EDITORIAL
'Weighted' budgets a tool, not basic reform
A preliminary analysis of a new "weighted" formula on budgeting for Hawai'i's public schools suggests it could offer many advantages but also poses large political and administrative difficulties.
The analysis, prepared by the Department of Education for use by the Legislature next year, indicates that some schools with significant numbers of difficult-to-educate students would gain under the formula, but others could lose.
The results tell us that "weighting" budgets according to student need is a simple idea in concept but a difficult procedure in application.
One of the more striking aspects of the study on weighting is that much of what we think about overall per-pupil spending in this state is essentially a myth.
It is generally reported that the state spends a little more than $8,000 a year per student in operating costs. That number compares relatively favorably with per-student spending in private schools. So why aren't we getting more bang for our buck?
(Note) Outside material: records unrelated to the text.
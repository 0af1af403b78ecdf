-- ===== src/Memory/Writes.antt =====
-- services/memory_service.py: the course of a write, with and without a unique index on the views.
use aicti.Base.{
  ℕ, suc, String, ◌≡◌, refl, sym, ap, subst, ◌∙◌, eq_refl, true, false, Option, none, some, [], ◌∷◌,
  ◌++◌, keep, keep-append, first, err, if◌then◌else◌, Bool-cases, inl, inr, ◌=?◌, =?_iff,
}
use aicti.Value.{Value, is_finite}
use aicti.Library.{Library}
use aicti.Db.{Db}
use aicti.Memory.{access_denied, version_conflict, operational_error, latest_of}
use aicti.Memory.Order.{of_scope}
use aicti.Memory.Chain.{Linked, View, InStep, Consistent}
use aicti.Memory.Service.{
  MemoryWrite, Policy, scope_of, is_version, append_event, write, hashed_payload,
}
use aicti.Memory.Appends.{
  Keyed, current_state-View, append_event-refused, append_event-Consistent, one_behind, event_of,
}

module _ (library : Library) (to_int : Value → Option Value)
    (str_text : (s : String) → library.str (Value.text s) ≡ s)
    (to_int_int : (n : ℕ) → to_int (Value.int n) ≡ some (Value.int n)) (policy : Policy)
    (uuid4 : ℕ → String) (w : MemoryWrite) (db : Db) where
  -- The course of a write on a scope whose view stands at the version `m` with the hash `q`.
  write-InStep :
      (q : Option String) (m : ℕ)
      → View (first (latest_of (scope_of w)) db.memory_views) q m
      → write library to_int policy uuid4 w db ≡ (
          if policy w.role w.namespace w.operation w.stage "active"
          then (if m =? w.expected_version
              then append_event library uuid4 w (suc m) q db
              else (err version_conflict, db))
          else (err access_denied, db))
  unfolding write is_version
  write-InStep q m view =
      elim (Bool-cases (policy w.role w.namespace w.operation w.stage "active")) [
        | inr refused ↦ rw refused refl
        | inl granted ↦ rw granted (
            rw (current_state-View library to_int str_text to_int_int _ q m view)
              (elim (Bool-cases (m =? w.expected_version)) [
                | inr other ↦ rw other refl
                | inl same ↦ rw same (
                    ap (λ n. append_event library uuid4 w (suc n) q db)
                      (sym ((=?_iff m w.expected_version).0 same)))
              ]))
      ]

  pub write-Keyed : Keyed library db → Keyed library (write library to_int policy uuid4 w db).1
  write-Keyed (consistent, unique) =
      let (q, m, linked, view) = consistent (scope_of w) in
      subst (λ outcome. Keyed library outcome.1) (sym (write-InStep q m view))
        (elim (Bool-cases (policy w.role w.namespace w.operation w.stage "active")) [
          | inr refused ↦ rw refused (consistent, unique)
          | inl granted ↦ rw granted (elim (Bool-cases (m =? w.expected_version)) [
            | inr other ↦ rw other (consistent, unique)
            | inl same ↦
                rw same (append_event-Consistent library uuid4 w db q m (consistent, unique) linked)
          ])
        ])

  -- Where `str` leaves texts and `int` numbers as they are, and a unique index on scope and key lets the
  -- statement on the views run: if each scope's events have the versions 1, 2, and so on, pass the tests
  -- of the replay one after the other and end where the scope's view stands, this is so after a write
  -- too, whatever the policy is and whether the write returns or raises.
  pub write-Consistent :
      db.views_are_unique ≡ true
      → Consistent library db
      → Consistent library (write library to_int policy uuid4 w db).1
  write-Consistent unique consistent = (write-Keyed (consistent, unique)).0

  -- Where `str` leaves texts and `int` numbers as they are, and no unique index is on the scope and key of
  -- the views: a write to a scope whose events and view are in step at the version `m`, which the policy
  -- grants, expects the version `m` and holds no NaN or infinity, raises the database's error after it
  -- has appended the event of the version `m + 1`; the views are as they were, and the events of the
  -- scope are in step with its view no more.
  pub write-append_event :
      db.views_are_unique ≡ false
      → (q : Option String) (m : ℕ)
      → Linked library none 0 (keep (of_scope (scope_of w)) db.memory_events) q m
      → View (first (latest_of (scope_of w)) db.memory_views) q m
      → policy w.role w.namespace w.operation w.stage "active" ≡ true
      → w.expected_version ≡ m
      → is_finite (hashed_payload w (suc m) q) ≡ true
      → (let (r, db') = write library to_int policy uuid4 w db in
          (r ≡ err operational_error)
          × (db'.memory_events ≡ db.memory_events ++ event_of library uuid4 w db q m ∷ [])
          × (db'.memory_views ≡ db.memory_views)
          × (¬ InStep library (scope_of w) db'))
  write-append_event absent q m linked view granted expected finite =
      let done : write library to_int policy uuid4 w db ≡ (
        err operational_error,
        record db {
          memory_events = db.memory_events ++ event_of library uuid4 w db q m ∷ [];
          draws = suc (suc db.draws);
        },
      ) =
        write-InStep q m view
        ∙ rw granted (
            rw ((=?_iff m w.expected_version).1 (sym expected))
              (append_event-refused library uuid4 w db q m finite absent)) in
      (
        ap (λ o. o.0) done,
        ap (λ o. o.1.memory_events) done,
        ap (λ o. o.1.memory_views) done,
        subst (λ o. ¬ InStep library (scope_of w) o.1) (sym done)
            (λ (p, n, chain, stands).
              one_behind library (keep (of_scope (scope_of w)) db.memory_events)
                (event_of library uuid4 w db q m) q p m n _ linked view stands
                (subst (λ es. Linked library none 0 es p n)
                  (keep-append (of_scope (scope_of w)) db.memory_events
                      (event_of library uuid4 w db q m ∷ [])
                    ∙ rw (eq_refl (scope_of w)) refl)
                  chain)),
      )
The weighting study suggests that the average spending figure has little bearing on what happens in specific classrooms. Actual student spending might vary from as little as $2,823 for a typical third-grader with no special needs to as much as $10,338 for a student with exceptional needs.
In other words, in a typical classroom of, say, 20 students, not every one of those students is getting $8,000 worth of education in any given year.
This is not an argument for taking money away from special-needs students to pump up the amounts available for other, "typical" students. Far from it. The state has an obligation to offer the best education possible to every student.
And if some variation of the weighting system can shift resources to those schools that face the greatest challenge from special needs (English as a second language, poverty, gifted and talented, special education) it would move the state toward a truer version of spending equity.
Ultimately, however, jiggering with the way individual schools are budgeted is not the heart and soul of school reform. It is simply a useful tool. Real reform will come when lawmakers and the educational establishment commit to a system in which individual school administrators are free to run their schools as they see fit and then are held directly accountable for performance.